Start of Records
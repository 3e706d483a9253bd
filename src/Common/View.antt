-- ===== src/Common/View.antt =====
-- What a component draws, in document order and without its styling: the words and values shown,
-- and the controls with what using them does. An action is of the component's own type.
use Prim.Native.Nat.{ℕ, ◌-◌}
use Prim.Native.String.{String}
use mathlib.Core.Bool.{Bool, true, false, not, ◌&&◌}
use mathlib.Core.Option.{Option, none, some}
use roost_assured.Common.Text.{text_or}
use mathlib.Core.List.{List, [], ◌∷◌}
use roost_assured.Common.Tests.{if◌then◌else◌, nat_beq, leb, ◌==◌, string_key}
use roost_assured.Common.Lists.{any}

pub data Node (Action : Type 0) : Type 0 where
  -- Words of the page, a text from the data, a number.
  heading words shown : String → Node Action
  number : ℕ → Node Action
  -- A line of dates or other parts, by their texts.
  pill : String → Node Action
  -- A flash message: `alert` for errors, `notice` otherwise.
  alert notice : String → Node Action
  -- A sum in dollars, rounded to whole ones; a distance in miles, given in tenths; a local date.
  dollars : String → Node Action
  miles : ℕ → Node Action
  date_label : List ℕ → Node Action
  -- A child component, by its name and the number of what it is about.
  child : String → ℕ → Node Action
  -- A form field: its name, its value, and whether the form cannot be sent without it.
  field : String → String → Bool → Node Action
  -- A checkbox: its name and its state.
  checkbox : String → Bool → Node Action
  -- An option of a list: its value and whether it is chosen.
  option : String → Bool → Action → Node Action
  -- A button: its label, whether it is disabled, and what a click does.
  button : String → Bool → Action → Node Action
  -- The button that sends the form.
  submit : String → Bool → Node Action
  -- A link to a page.
  link : String → Node Action
  -- A segment of a progress bar, lit or not.
  segment : Bool → Node Action

-- `{n} word{n === 1 ? "" : "s"}`.
abbrev pub counted : {A : Type 0} → ℕ → String → String → List (Node A)
counted n one many = number n ∷ words (if nat_beq n 1 then one else many) ∷ []

-- `{value || "—"}`, of a text that may be missing.
abbrev pub or_dash : Option String → String
or_dash none = "—"
or_dash (some s) = text_or s "—"

abbrev pub is_heading : {A : Type 0} → Node A → Bool
is_heading (heading t) = true
is_heading _ = false

-- `{m - n}`, which may be below zero.
abbrev pub difference : {A : Type 0} → ℕ → ℕ → List (Node A)
difference m n = if leb n m then number (m - n) ∷ [] else words "-" ∷ number (n - m) ∷ []

-- Is there a control, not disabled, whose action passes the test? A child of this name and number?
abbrev pub enables : {A : Type 0} → (A → Bool) → Node A → Bool
enables test (button label disabled a) = not disabled && test a
enables test (option value chosen a) = test a
enables test _ = false

abbrev pub offers : {A : Type 0} → (A → Bool) → List (Node A) → Bool
offers test nodes = any (enables test) nodes

abbrev is_child : {A : Type 0} → String → ℕ → Node A → Bool
is_child name i (child s j) = s == name && nat_beq j i
is_child name i _ = false

abbrev pub mounts : {A : Type 0} → String → ℕ → List (Node A) → Bool
mounts name i nodes = any (is_child name i) nodes
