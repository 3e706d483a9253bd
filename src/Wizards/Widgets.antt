-- ===== src/Wizards/Widgets.antt =====
-- What the forms of several steps share: lists of choices (`Checklist.jsx`, `toggleInList`),
-- counters (`Stepper.jsx`, `adjustCount`) and the bar of steps, of app/frontend.
pub mod Laws
mod Examples
use roost_assured.Common.{
  ℕ, zero, suc, ◌+◌, ◌-◌, ◌*◌, ◌/◌, ◌%◌, ◌≤◌, ◌<◌, String, ◌≡◌, refl, sym, ap, ◌∙◌, ◌≢◌, ◌↔◌, ◌⊎◌,
  inl, inr, Bool, true, false, not, ◌&&◌, ◌||◌, Option, none, some, List, [], ◌∷◌, ◌++◌, map, arith,
  ltb, leb, nat_beq, if◌then◌else◌, ltb→lt, lt→ltb, nat_beq_iff, Bool-cases, Option-cases,
  Comparable, ◌==◌, number_key, string_key, ==_refl, ==_false, ==_comm, length, All, keep, any,
  every, find, when, length-append, length-keep, keep-append, keep-keep, contains, contains-append,
  contains-keep, first_some, without, find_id, contains-map-without, find_id-without,
  find_id-append, find_id-eq-none, All-keep, All-append,
}
use roost_assured.Common.View.{Node, segment, option, button, number}
use roost_assured.Calendar.Picker.{Delta, back, forth}
use roost_assured.Calendar.Dates.{text_of}

-- The list that `toggleInList` puts in the place of `list`.
unfoldable pub toggle_in_list {ℓ} : {A : Type ℓ} ⦃e : Comparable A⦄ → List A → A → List A
toggle_in_list list value =
    if contains list value then keep (λ v. not (v == value)) list else list ++ value ∷ []

-- `parseInt(text, 10) || 0` of a text that has no sign and no leading space: its leading digits.
unfoldable pub digits_from : ℕ → List ℕ → ℕ
digits_from n [] = n
digits_from n (c ∷ cs) =
    let rest = digits_from (n * 10 + (c - 48)) cs in if leb 48 c && leb c 57 then rest else n

unfoldable pub parse_count : List ℕ → ℕ
unfolding digits_from
parse_count text = digits_from 0 text

-- `Math.max(0, current + delta)`.
abbrev pub shift_count : Delta → ℕ → ℕ
shift_count back n = n - 1
shift_count forth n = n + 1

-- The text that `adjustCount` puts in the place of `text`.
unfoldable pub adjust_count : List ℕ → Delta → List ℕ
unfolding parse_count
adjust_count text delta = text_of (shift_count delta (parse_count text))

-- `Checklist`: `toggle` is `onToggle`.
unfoldable pub render_checklist :
    {A : Type 0} → List String → List String → (String → A) → List (Node A)
render_checklist options value toggle = map (λ o. option o (contains value o) (toggle o)) options

-- `Stepper`.
unfoldable pub render_stepper : {A : Type 0} → List ℕ → (Delta → A) → List (Node A)
unfolding parse_count
render_stepper value change =
    button "–" false (change back)
    ∷ number (parse_count value)
    ∷ button "+" false (change forth)
    ∷ []

-- The bar of `n` steps from the i-th on: lit up to the current one.
unfoldable pub step_bar : {A : Type 0} → ℕ → ℕ → ℕ → List (Node A)
step_bar i zero step = []
step_bar i (suc n) step = segment (leb i step) ∷ step_bar (i + 1) n step
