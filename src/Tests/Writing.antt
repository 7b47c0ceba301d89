-- ===== src/Tests/Writing.antt =====
-- c_src/parser.cc: `Parse` on messages that are written from their parts.
use elixir_sippet.Base.{
  List, [], ◌∷◌, Bytes, codes, ok, traverse, while_next, All, ◌≡◌, refl, arith,
}
use elixir_sippet.Iterators.Headers.{HeaderLine, headers_next}
use elixir_sippet.Iterators.Split.{split_headers}
use elixir_sippet.Message.Accepts.{parse-accepts}
use elixir_sippet.Message.Assemble.Folding.{crlf}
use elixir_sippet.Message.Header.{parse_header}
use elixir_sippet.Message.Merge.{values_of, merge, parse_headers-merge}
use elixir_sippet.Message.Unordered.{entries, parse_headers-unordered}
use elixir_sippet.Message.Write.Headers.{IsWritten}
use elixir_sippet.Message.Write.Lines.{OneLine}
use elixir_sippet.Message.Write.ReadBack.{add_headers, reply_for, parse-message_text, parse-fold}
use elixir_sippet.Message.Write.{message_text}
use elixir_sippet.Message.{
  Message, ok_message, Headers, get_header, add_header, parse_headers, parse_start_line, parse,
}
use elixir_sippet.StartLine.{StartLine, request_line}
use elixir_sippet.Tests.{vm}
use elixir_sippet.Value.{Name, atom, string, binary, Value, many}

abbrev line : Bytes
line = codes "OPTIONS sip:a SIP/2.0"

abbrev start : StartLine
start = request_line (atom (codes "options")) (codes "sip:a") (2, 0)

abbrev header : Bytes → Bytes → HeaderLine
header name values = record { name = name; values = values }

abbrev written : List HeaderLine
written =
    header (codes "Allow") (codes "INVITE")
    ∷ header (codes "X-a") (codes "b")
    ∷ header (codes "allow") (codes "ACK")
    ∷ []

abbrev token_term : Name → Bytes → Name × Value
token_term name token = (name, many (binary token ∷ []))

abbrev parsed : List (Name × Value)
parsed =
    token_term (atom (codes "allow")) (codes "INVITE")
    ∷ token_term (string (codes "X-a")) (codes "b")
    ∷ token_term (atom (codes "allow")) (codes "ACK")
    ∷ []

line-OneLine : OneLine line
line-OneLine = ground arith

written-IsWritten : All IsWritten written
unfolding elixir_sippet.Ascii.is_token_char elixir_sippet.Ascii.all_token_chars
    elixir_sippet.Ascii.is_token elixir_sippet.Ascii.is_lws
written-IsWritten = (
  (refl, ground arith, refl, refl),
  ((refl, ground arith, refl, refl), ((refl, ground arith, refl, refl), tt)),
)

run_start : parse_start_line vm line ≡ ok start
unfolding elixir_sippet.Ascii.to_lower_ascii elixir_sippet.Ascii.lower_case
    elixir_sippet.Ascii.lower_case_equals_ascii elixir_sippet.Tokenizer.finds
    elixir_sippet.Tokenizer.span elixir_sippet.Tokenizer.skip elixir_sippet.Tokenizer.skip_lws
    elixir_sippet.Tokenizer.skip_to elixir_sippet.Tokenizer.skip_one elixir_sippet.Tokenizer.skip_n
    elixir_sippet.Tokenizer.first_n elixir_sippet.Trim.trim_left elixir_sippet.StartLine.has_prefix
    elixir_sippet.StartLine.is_status_line elixir_sippet.StartLine.atom_name
    elixir_sippet.StartLine.existing_atom_or_string elixir_sippet.StartLine.version_number
    elixir_sippet.StartLine.parse_version elixir_sippet.StartLine.parse_request_line
    elixir_sippet.HeaderList.header_list elixir_sippet.HeaderList.loaded_atoms parse_start_line
run_start = refl

run_written : traverse (λ (h : HeaderLine). parse_header vm h.name h.values) written ≡ ok parsed
unfolding elixir_sippet.Ascii.is_lws elixir_sippet.Ascii.to_lower_ascii
    elixir_sippet.Ascii.lower_case elixir_sippet.Tokenizer.finds elixir_sippet.Tokenizer.span
    elixir_sippet.Tokenizer.skip elixir_sippet.Tokenizer.skip_lws
    elixir_sippet.Tokenizer.skip_not_in elixir_sippet.StringTokenizer.advance_quoted
    elixir_sippet.StringTokenizer.advance_one elixir_sippet.StringTokenizer.full_take
    elixir_sippet.StringTokenizer.full_from elixir_sippet.StringTokenizer.full_get_next
    elixir_sippet.StringTokenizer.get_next elixir_sippet.Trim.trim_right
    elixir_sippet.Trim.trim_left elixir_sippet.Trim.trim_lws elixir_sippet.Iterators.trimmed_value
    elixir_sippet.Iterators.quoted_values_next elixir_sippet.Iterators.values_next
    elixir_sippet.Field.parse_token elixir_sippet.Format.collect_items
    elixir_sippet.Format.multiple_tokens elixir_sippet.Format.Single.single_token
    elixir_sippet.StartLine.atom_name elixir_sippet.HeaderList.header_list
    elixir_sippet.HeaderList.find_parser elixir_sippet.HeaderList.find_alias
    elixir_sippet.HeaderList.loaded_atoms elixir_sippet.Message.Header.parse_values
    elixir_sippet.Message.Header.alias_of elixir_sippet.Message.Header.header_name_term
    elixir_sippet.Message.Header.header_parser elixir_sippet.Base.while_next
    elixir_sippet.Base.find_next parse_header
run_written = refl

parse-accepts_example :
    (m : Message) × (parse vm (crlf (message_text line written)) ≡ ok_message m)
    × (m.start_line ≡ start)
    × ((name : Name) → get_header name m.headers ≡ merge (values_of name parsed))
parse-accepts_example =
    parse-accepts vm line start written parsed line-OneLine written-IsWritten run_start run_written
      tt

parse-message_text_example :
    parse vm (crlf (message_text line written))
    ≡ reply_for (parse_start_line vm line) (add_headers vm written)
parse-message_text_example = parse-message_text vm line written line-OneLine written-IsWritten

parse-fold_example :
    parse vm (codes "A b SIP/2.0\r\nx: y\r\n z") ≡ parse vm (codes "A b SIP/2.0\r\nx: y z")
unfolding elixir_sippet.Ascii.is_lws
parse-fold_example = parse-fold vm (codes "A b SIP/2.0\r\nx: y") b' ' (codes "z") refl refl

-- The same headers with another one first.
abbrev text : Bytes
text = codes "Allow: INVITE\nX-a: b\nallow: ACK\n"

abbrev other_text : Bytes
other_text = codes "X-a: b\nAllow: INVITE\nallow: ACK\n"

abbrev other_parsed : List (Name × Value)
other_parsed =
    token_term (string (codes "X-a")) (codes "b")
    ∷ token_term (atom (codes "allow")) (codes "INVITE")
    ∷ token_term (atom (codes "allow")) (codes "ACK")
    ∷ []

abbrev allowed : Name × Value
allowed = (atom (codes "allow"), many (binary (codes "INVITE") ∷ binary (codes "ACK") ∷ []))

abbrev extension : Name × Value
extension = token_term (string (codes "X-a")) (codes "b")

run_texts :
    (parse_headers vm text ≡ ok (allowed ∷ extension ∷ []))
    × (parse_headers vm other_text ≡ ok (extension ∷ allowed ∷ []))
    × (traverse (λ (h : HeaderLine). parse_header vm h.name h.values) (split_headers text)
        ≡ ok parsed)
    × (traverse (λ (h : HeaderLine). parse_header vm h.name h.values) (split_headers other_text)
        ≡ ok other_parsed)
unfolding elixir_sippet.Ascii.is_lws elixir_sippet.Ascii.to_lower_ascii
    elixir_sippet.Ascii.lower_case elixir_sippet.Ascii.is_token_char
    elixir_sippet.Ascii.all_token_chars elixir_sippet.Ascii.is_token elixir_sippet.Tokenizer.finds
    elixir_sippet.Tokenizer.span elixir_sippet.Tokenizer.skip elixir_sippet.Tokenizer.skip_lws
    elixir_sippet.Tokenizer.skip_one elixir_sippet.Tokenizer.skip_not_in
    elixir_sippet.StringTokenizer.advance_quoted elixir_sippet.StringTokenizer.advance_one
    elixir_sippet.StringTokenizer.full_take elixir_sippet.StringTokenizer.full_from
    elixir_sippet.StringTokenizer.full_get_next elixir_sippet.StringTokenizer.quick_get_next
    elixir_sippet.StringTokenizer.Fields.fields elixir_sippet.StringTokenizer.get_next
    elixir_sippet.Trim.trim_right elixir_sippet.Trim.trim_left elixir_sippet.Trim.trim_lws
    elixir_sippet.Iterators.Headers.starts_badly elixir_sippet.Iterators.Headers.header_line
    elixir_sippet.Iterators.Headers.headers_next elixir_sippet.Iterators.trimmed_value
    elixir_sippet.Iterators.quoted_values_next elixir_sippet.Iterators.values_next
    elixir_sippet.Field.parse_token elixir_sippet.Format.collect_items
    elixir_sippet.Format.multiple_tokens elixir_sippet.Format.Single.single_token
    elixir_sippet.StartLine.atom_name elixir_sippet.HeaderList.header_list
    elixir_sippet.HeaderList.find_parser elixir_sippet.HeaderList.find_alias
    elixir_sippet.HeaderList.loaded_atoms elixir_sippet.Message.Header.parse_values
    elixir_sippet.Message.Header.alias_of elixir_sippet.Message.Header.header_name_term
    elixir_sippet.Message.Header.header_parser elixir_sippet.Message.get_header
    elixir_sippet.Message.put_header elixir_sippet.Message.add_values add_header parse_headers
    elixir_sippet.Value.same_name elixir_sippet.Base.while_next elixir_sippet.Base.find_next
    parse_header
run_texts = (refl, refl, refl, refl)

same_values : (name : Name) → values_of name parsed ≡ values_of name other_parsed
unfolding elixir_sippet.Value.same_name
same_values (atom a) = refl
same_values (string a) = refl

parse_headers-merge_example :
    (ps : List (Name × Value)) × (traverse
        (λ (h : HeaderLine). parse_header vm h.name h.values)
        (split_headers text)
      ≡ ok ps)
    × ((name : Name) → get_header name (allowed ∷ extension ∷ []) ≡ merge (values_of name ps))
parse_headers-merge_example = parse_headers-merge vm text (allowed ∷ extension ∷ []) run_texts.0

parse_headers-unordered_example :
    entries (allowed ∷ extension ∷ []) ≡ entries (extension ∷ allowed ∷ [])
parse_headers-unordered_example =
    parse_headers-unordered vm text other_text parsed other_parsed (allowed ∷ extension ∷ [])
      (extension ∷ allowed ∷ []) run_texts.2 run_texts.3 same_values run_texts.0 run_texts.1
End of Records
Problem details >> Filter the entries down to the lines that hold "change". Copy those lines.

Solution for this problem >>
render_stepper value change =
    button "–" false (change back)
    ∷ button "+" false (change forth)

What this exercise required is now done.